▶ [What is required]: Restate word for word the lines of the entries below, starting with the line that holds "pub mod Description" and ending with the line that holds "pub results : Dict GroupCommandResult", and no others.

▶ [Data for review]:

• • •

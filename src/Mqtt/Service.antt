-- ===== src/Mqtt/Service.antt =====
-- mqtt/service.py: the state of `GroupControlService` and the helpers of its operations, which are
-- in the child modules. `clock i` is the (i + 1)-th reading of `time.monotonic()` in an operation.
pub mod Startup
pub mod Commands
pub mod Overrides
pub mod Results
pub mod Changes
pub mod Emergency
pub mod DeviceLimits
pub mod Stopped
pub mod Desired
pub mod Steps
pub mod Release
pub mod Keys
pub mod KeyedRuns
pub mod Merge
pub mod Observation
pub mod Description
pub mod Described
use jebao_flow_engine.Base.{
  ℕ, ◌+◌, Bool, true, false, not, ◌&&◌, ◌||◌, ltb, if◌then◌else◌, Option, none, some, List, [], ◌∷◌,
  ◌++◌, String, str_eq, length, any, is_some,
}
use jebao_flow_engine.Base.Dict.{Dict, lookup, insert}
use jebao_flow_engine.Base.Result.{Result, ok, err, ◌>>=◌, ◌>>◌, require, key_error, stop_iteration}
use jebao_flow_engine.Config.{AppConfig, DeviceConfig, is_observer}
use jebao_flow_engine.Floats.{Floats}
use jebao_flow_engine.Groups.{
  GroupConfig, GroupMember, GroupRuntime, GroupState, PatternKind, constant, check_runtime,
}
use jebao_flow_engine.Mqtt.Models.{
  GroupCommandResult, GroupMemberState, GroupStatePayload, DeviceCommandResult, DeviceControlMode,
  DeviceStatePayload, group, manual_override, check_member,
}
use jebao_flow_engine.Patterns.Interface.{Calculator}
use jebao_flow_engine.Protocol.Models.{DeviceTarget}

pub record Service (Float : Type 0) : Type 0 where
  pub states : Dict (GroupStatePayload Float)
  pub results : Dict GroupCommandResult
  pub device_states : Dict DeviceStatePayload
  pub device_results : Dict DeviceCommandResult
  pub dirty_devices : List String
  pub dirty_groups : List String
  pub last_published_seen_at : Dict (Option ℕ)
  pub is_update_event_set : Bool

abbrev pub is_manual : DeviceControlMode → Bool
is_manual manual_override = true
is_manual _ = false

abbrev pub is_emergency_stop : GroupState → Bool
is_emergency_stop GroupState.emergency_stop = true
is_emergency_stop _ = false

abbrev pub max_deduplication_entries : ℕ
max_deduplication_entries = 512

-- `del d[key]` of a key that may be missing
unfoldable pub remove {ℓ} : {V : Type ℓ} → String → Dict V → Dict V
remove key [] = []
remove key ((k, v) ∷ d) = let rest = remove key d in if str_eq k key then rest else (k, v) ∷ rest

-- `d[key] = value; d.move_to_end(key)`
unfoldable pub push_last {ℓ} : {V : Type ℓ} → String → V → Dict V → Dict V
push_last key value d = remove key d ++ ((key, value) ∷ [])

-- `while len(d) > limit: d.popitem(last=False)`
unfoldable pub drop_oldest {ℓ} : {V : Type ℓ} → ℕ → Dict V → Dict V
drop_oldest limit [] = []
drop_oldest limit (entry ∷ d) =
    let rest = drop_oldest limit d in if ltb limit (length (entry ∷ d)) then rest else entry ∷ d

-- `{item.id: item for item in items}`
unfoldable pub index_by {ℓ κ} :
    {A : Type ℓ} {V : Type κ} → (A → String) → (A → V) → List A → Dict V → Dict V
index_by key value [] d = d
index_by key value (a ∷ items) d = index_by key value items (insert (key a) (value a) d)

-- `next(device for device in devices if device.id == device_id)`
unfoldable pub find_device : List DeviceConfig → String → Result DeviceConfig
find_device [] device_id = err stop_iteration
find_device (d ∷ devices) device_id =
    let rest = find_device devices device_id in if str_eq d.id device_id then ok d else rest

module _ {Float : Type 0} where
  abbrev pub set_states : Dict (GroupStatePayload Float) → Service Float → Service Float
  set_states states s = record s { states = states }

  abbrev pub set_device_states : Dict DeviceStatePayload → Service Float → Service Float
  set_device_states devices s = record s { device_states = devices }

  -- `_remember` and `_remember_device`
  unfoldable pub remember : GroupCommandResult → Service Float → Service Float
  unfolding push_last drop_oldest
  remember r s = record s {
    results = drop_oldest max_deduplication_entries (push_last r.request_id r s.results);
  }

  unfoldable pub remember_device : DeviceCommandResult → Service Float → Service Float
  unfolding push_last drop_oldest
  remember_device r s = record s {
    device_results =
        drop_oldest max_deduplication_entries (push_last r.request_id r s.device_results);
  }

module _ (F : Floats) (C : Calculator F) (config : AppConfig F.Float) where
  open F use {Float, of_nat}

  unfoldable pub device_config : String → Result DeviceConfig
  unfolding find_device
  device_config device_id = find_device config.devices device_id

  -- `self._groups`
  unfoldable pub groups : Dict (GroupConfig Float)
  unfolding index_by
  groups = index_by (λ g. g.id) (λ g. g) config.groups []

  -- The pattern that `_calculate_targets` asks for.
  unfoldable pub target_pattern : PatternKind → PatternKind
  target_pattern kind =
      if is_observer config.runtime.mode && not (C.supports kind) then constant else kind

  unfoldable pub runtime_of : GroupStatePayload Float → GroupRuntime Float
  unfolding target_pattern
  runtime_of state = record {
    state = state.status;
    enabled = some state.enabled;
    pattern = some (target_pattern state.pattern);
    power = some state.power;
    min_power = some state.min_power;
    max_power = some state.max_power;
    period_seconds = some state.period_seconds;
    started_at = of_nat 0;
  }

  unfoldable pub calculate_targets : Float → GroupStatePayload Float → Result (Dict DeviceTarget)
  unfolding groups runtime_of
  calculate_targets now state = do
    g ← require key_error (lookup state.group_id groups)
    check_runtime F (runtime_of state)
    C.targets now g (runtime_of state)

  -- The entry of a member with a target, from its device's state where there is one.
  unfoldable pub member_state :
      GroupMember Float → DeviceTarget → Option DeviceStatePayload → Result (GroupMemberState Float)
  unfolding device_config
  member_state m target none = do
    d ← device_config m.device
    let entry : GroupMemberState Float = record {
      name = d.name;
      role = m.role;
      gain = m.gain;
      phase = m.phase;
      control_mode = group;
      enabled = target.enabled;
      target_power = target.power;
      actual_enabled = none;
      actual_power = none;
      actual_mode = none;
      actual_frequency = none;
      online = none;
      error = none;
      last_seen_at = none;
      last_changed_at = none;
      last_configuration_changed_at = none;
      observed_attributes = [];
    }
    check_member F entry
    ok entry
  member_state m target (some s) = do
    d ← device_config m.device
    let manual = is_manual s.control_mode
    let entry : GroupMemberState Float = record {
      name = d.name;
      role = m.role;
      gain = m.gain;
      phase = m.phase;
      control_mode = if manual then manual_override else group;
      enabled = if manual then s.enabled else target.enabled;
      target_power = if manual then s.power else target.power;
      actual_enabled = s.actual_enabled;
      actual_power = s.actual_power;
      actual_mode = s.actual_mode;
      actual_frequency = s.actual_frequency;
      online = s.online;
      error = s.error;
      last_seen_at = s.last_seen_at;
      last_changed_at = s.last_changed_at;
      last_configuration_changed_at = s.last_configuration_changed_at;
      observed_attributes = s.observed_attributes;
    }
    check_member F entry
    ok entry

  unfoldable pub calculate_members_loop :
      Dict DeviceStatePayload
      → Dict DeviceTarget
      → List (GroupMember Float)
      → Dict (GroupMemberState Float)
      → Result (Dict (GroupMemberState Float))
  unfolding member_state
  calculate_members_loop devices targets [] calculated = ok calculated
  calculate_members_loop devices targets (m ∷ members) calculated = elim (lookup m.device targets) [
    | none ↦ calculate_members_loop devices targets members calculated
    | some target ↦ do
      entry ← member_state m target (lookup m.device devices)
      calculate_members_loop devices targets members (insert m.device entry calculated)
  ]

  unfoldable pub calculate_members :
      Float
      → Dict DeviceStatePayload
      → GroupStatePayload Float
      → Result (Dict (GroupMemberState Float))
  unfolding groups calculate_targets calculate_members_loop
  calculate_members now devices state = do
    g ← require key_error (lookup state.group_id groups)
    targets ← calculate_targets now state
    calculate_members_loop devices targets g.members []

  -- `_refresh_group_members`
  unfoldable pub refresh_group_members :
      Float → String → Bool → Service Float → Result (Service Float)
  unfolding calculate_members
  refresh_group_members now group_id increment_revision s = do
    state ← require key_error (lookup group_id s.states)
    members ← calculate_members now s.device_states state
    let next : GroupStatePayload Float = record state {
      revision = if increment_revision then state.revision + 1 else state.revision;
      members = members;
    }
    ok (set_states (insert group_id next s.states) s)

  -- `any(member.device == device_id for group in groups for member in group.members)`
  unfoldable pub is_grouped : String → Bool
  is_grouped device_id = any (λ g. any (λ m. str_eq m.device device_id) g.members) config.groups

• • •

▶ [Written solution]:
pub mod Description
pub mod Described
use jebao_flow_engine.Base.{
  ℕ, ◌+◌, Bool, true, false, not, ◌&&◌, ◌||◌, ltb, if◌then◌else◌, Option, none, some, List, [], ◌∷◌,
  ◌++◌, String, str_eq, length, any, is_some,
}
use jebao_flow_engine.Base.Dict.{Dict, lookup, insert}
use jebao_flow_engine.Base.Result.{Result, ok, err, ◌>>=◌, ◌>>◌, require, key_error, stop_iteration}
use jebao_flow_engine.Config.{AppConfig, DeviceConfig, is_observer}
use jebao_flow_engine.Floats.{Floats}
use jebao_flow_engine.Groups.{
  GroupConfig, GroupMember, GroupRuntime, GroupState, PatternKind, constant, check_runtime,
}
use jebao_flow_engine.Mqtt.Models.{
  GroupCommandResult, GroupMemberState, GroupStatePayload, DeviceCommandResult, DeviceControlMode,
  DeviceStatePayload, group, manual_override, check_member,
}
use jebao_flow_engine.Patterns.Interface.{Calculator}
use jebao_flow_engine.Protocol.Models.{DeviceTarget}

pub record Service (Float : Type 0) : Type 0 where
  pub states : Dict (GroupStatePayload Float)
  pub results : Dict GroupCommandResult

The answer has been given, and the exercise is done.